# Need an opinion/advice from MEN



## MrsJT (Sep 26, 2010)

I have posted in another forum about my issue and I really need some male advice, I need some clarity on what you see happening.

My husband moved out one week ago, moved everything of his out. He is staying at his sister's house. We have been married less than 2 months. Both in late 30's. Most major issues we have going on since married is bad communication which leads to verbal fights. He wants a divorce. He is exhausted and drained and does not feel like trying at all anymore. Says it's not in him any longer. He refuses marital counseling, at this point. I do not want a divorce and want to make our marriage work.

However...

Last night, I got 2 text messages from my husband.

1st text:

Husband: This hard on me
Husband: I think about us all the time
Me: This is what you want. This should be light on your mind.
Husband: its not..

Second text a while later:
Husband: You just dont get it
Husband: (my name), I love you...I miss us. I miss the laughing the kissing the loving
Husband: I miss it all
Husband: but I cant deal with the other stuff that has to go along with it
Me: We didn't try fixing it the right way as we know we needed to, or the way it used to work for us before it all changed and we ended up here like this. We didn't follow through. I know my part in where I went wrong. I need time right now, Baby. If you want to work on our marriage, you know how to reach me. Until then, I remain your loyal wife. Good night.

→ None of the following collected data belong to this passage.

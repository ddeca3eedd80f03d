-- ===== src/PathTree/Routing/Sound.antt =====
-- What `Resolve` returns is stored under a route that matches.
use event_gateway.Common.{
  ℕ, suc, String, ◌≡◌, refl, sym, ◌∙◌, inl, inr, true, false, Option, some, List, [], ◌∷◌, arith,
  Option-cases, Bool-cases, subst, ap,
}
use event_gateway.PathTree.Defs.{Node, get, value, children, is_wildcard}
use event_gateway.PathTree.Resolve.{Params, step, bind_parameter, bind_wildcard, resolve_segments}
use event_gateway.PathTree.Shape.{IsWellFormed, children-WellFormed}
use event_gateway.PathTree.Stored.{stored}
use event_gateway.PathTree.Routing.{Matches, end, wildcard, captured}
use event_gateway.PathTree.Routing.Rounds.{
  Found, step-Found, Matches-Found, captured-plain, captured-wildcard,
}

module _ {V : Type 0} where
  -- A route under which `v` is stored, that matches, with the parameters that are bound.
  pub record IsRouted (params : Params) (path : List String) (n : Node V) (v : V)
      (p : Option Params) : Type 0 where
    pub route : List String
    pub stored_value : stored route n ≡ some v
    pub matches : Matches route path
    pub bound : p ≡ some (captured params route path)

  stored-under :
      (k : String) (route : List String) (n child : Node V)
      → get k (children n) ≡ some child
      → stored (k ∷ route) n ≡ stored route child
  unfolding stored
  stored-under k route n child e = rw (e, stored)

  -- The last round, or any round at a wildcard.
  IsRouted-wildcard :
      (params : Params) (q : String) (path : List String) (n child : Node V) (v : V)
      → Found q (children n) child
      → is_wildcard child ≡ true
      → value child ≡ some v
      → IsRouted params
          (q ∷ path)
          n
          v
          (some (bind_wildcard child (q ∷ path) (bind_parameter child q params)))
  IsRouted-wildcard params q path n child v f wild e = record {
    route = f.key ∷ [];
    stored_value = stored-under f.key [] n child f.found ∙ (unfold stored in e);
    matches = wildcard (sym f.shape.4 ∙ wild);
    bound = ap some (sym (captured-wildcard params q f.key child path f.shape wild));
  }

  IsRouted-later :
      (params : Params) (q : String) (path : List String) (n child : Node V) (v : V)
      (p : Option Params)
      → Found q (children n) child
      → is_wildcard child ≡ false
      → IsRouted (bind_parameter child q params) path child v p
      → IsRouted params (q ∷ path) n v p
  IsRouted-later params q path n child v p f plain r = record {
    route = f.key ∷ r.route;
    stored_value = stored-under f.key r.route n child f.found ∙ r.stored_value;
    matches = Matches-Found f plain r.matches;
    bound =
        r.bound ∙ ap some (sym (captured-plain params q f.key child r.route path f.shape plain));
  }

  IsRouted-end :
      (params : Params) (n : Node V) (v : V)
      → value n ≡ some v
      → IsRouted params [] n v (some params)
  IsRouted-end params n v e = record {
    route = [];
    stored_value = unfold stored in e;
    matches = end;
    bound = unfold captured in refl;
  }

  pub resolve_segments_sound :
      (choice : ℕ → ℕ) (params : Params) (path : List String) (n : Node V) (v : V)
      (p : Option Params)
      → IsWellFormed n
      → resolve_segments choice params path n ≡ (some v, p)
      → IsRouted params path n v p
  unfolding resolve_segments
  resolve_segments_sound choice params [] n v p w e = absurd (cc)
  resolve_segments_sound choice params (q ∷ []) n v p w e =
      elim (Option-cases (step (choice 0) q (children n))) [
        | inl missing ↦ absurd (ground arith)
        | inr (child, met) ↦
            let f = step-Found (choice 0) q (children n) child (children-WellFormed n w) met in
            elim (Bool-cases (is_wildcard child)) [
              | inl wild ↦
                  subst (IsRouted params (q ∷ []) n v) (ground arith)
                    (IsRouted-wildcard params q [] n child v f wild (ground arith))
              | inr plain ↦ IsRouted-later params q [] n child v p f plain (
                  subst (IsRouted (bind_parameter child q params) [] child v) (ground arith)
                    (IsRouted-end (bind_parameter child q params) child v (ground arith)))
            ]
      ]
  resolve_segments_sound choice params (q ∷ t ∷ path) n v p w e =
      elim (Option-cases (step (choice 0) q (children n))) [
        | inl missing ↦ absurd (ground arith)
        | inr (child, met) ↦
            let f = step-Found (choice 0) q (children n) child (children-WellFormed n w) met in
            elim (Bool-cases (is_wildcard child)) [
              | inl wild ↦
                  subst (IsRouted params (q ∷ t ∷ path) n v) (ground arith)
                    (IsRouted-wildcard params q (t ∷ path) n child v f wild (ground arith))
              | inr plain ↦ IsRouted-later params q (t ∷ path) n child v p f plain (
                  resolve_segments_sound (λ i. choice (suc i)) (bind_parameter child q params)
                    (t ∷ path) child v p f.ok (ground arith))
            ]
      ]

That was our last text. :scratchhead:

I am getting mixed signals. One minute he is totally done and enforces it to me that we are totally through and he cannot do this anymore. He enforces that a lot. The next it seems like he is still considering and appears offended/slighted when I've agreed with him that it should end. When we have talked casual everyday stuff and I told him I met a new friend in exercise class (we're new to this area), he assumed it was a man (after telling me 2 days prior to this, he "released" me from my vows and told me to go date whoever I want and move on) and spat at me in text, "YOU CAN TELL YOUR NEW FRIEND HE CAN DO THE PAINTING YOU NEED IN THE HOUSE THEN!!!!" I said, "Um, ok? I will tell HER that??" ---No response in return to that. Generally, he does have a mild jealous streak which has not caused us any issues in our relationship.

I do not know what to think anymore. I don't know what to believe or what to make of him. I'm becoming very depressed. 

Silence is golden. I am now taking that road entirely. It's been very difficult to do that to this point and I really have tried with so much difficulty....but now I feel I have no other option. I feel that since he says he misses me, etc. the "seed" is there in his head and it may grow. Maybe it will lead him back home to want to try, I hope. I am backed off entirely now and silent for a few days.

What do you see going on here? Your advice to me is?

Thanks in advance.


----------



## Susan2010 (Apr 19, 2010)

He likes the good times but left because times are not always good and told you he doesn't want to be bothered unless times can always be good. But who needs a fair weather husband? In other words, he wants his way, he has to always be right, and you have to always be wrong. If he cannot get his way and if he cannot be right, then he will take his marbles and run home. Why is that so difficult to see that only a man can sum it up for you?

I know it's hard but you have to keep standing your ground. You see what happened when you told him he cannot be right all the time and he has to put effort into working on the marriage. You have not heard from him in a few days. Before that, he missed you and wanted to come home so badly but disappeared again because marriage requires work, which he is not willing to do. You are the one who admitted your role in the breakdown of your marriage. You are the one who wants to work on fixing it and getting help. He refuses to work on it or do anything but stick around for the good times. What does that tell you? Are you willing to spend your life being his yes man? Do you want to live knowing he will leave you if you should become ill or if the children you have together are not perfect in every way. Any time a person insists he will not work on the marriage but still wants to be with you, it means he insists on being right and your job is to be perfect and to do as he says and make him right. It means you do not deserve validation within the marriage. No one matters but him. No opinion matters but his. No one's feelings matter but his. No needs and wants matter but his own.


----------



## greenpearl (Sep 3, 2010)

please don't fight with your man. Just remember, we want to win him, we want to win his heart, we don't want to win the argument. You fight, you win the argument, you lose him. Men can't stand women who like to fight and argue. 

Is that the reason? Please ask him? If it is, then both of you should sit down and talk about things in a calm voice, never raise your voice. 

Good luck!


----------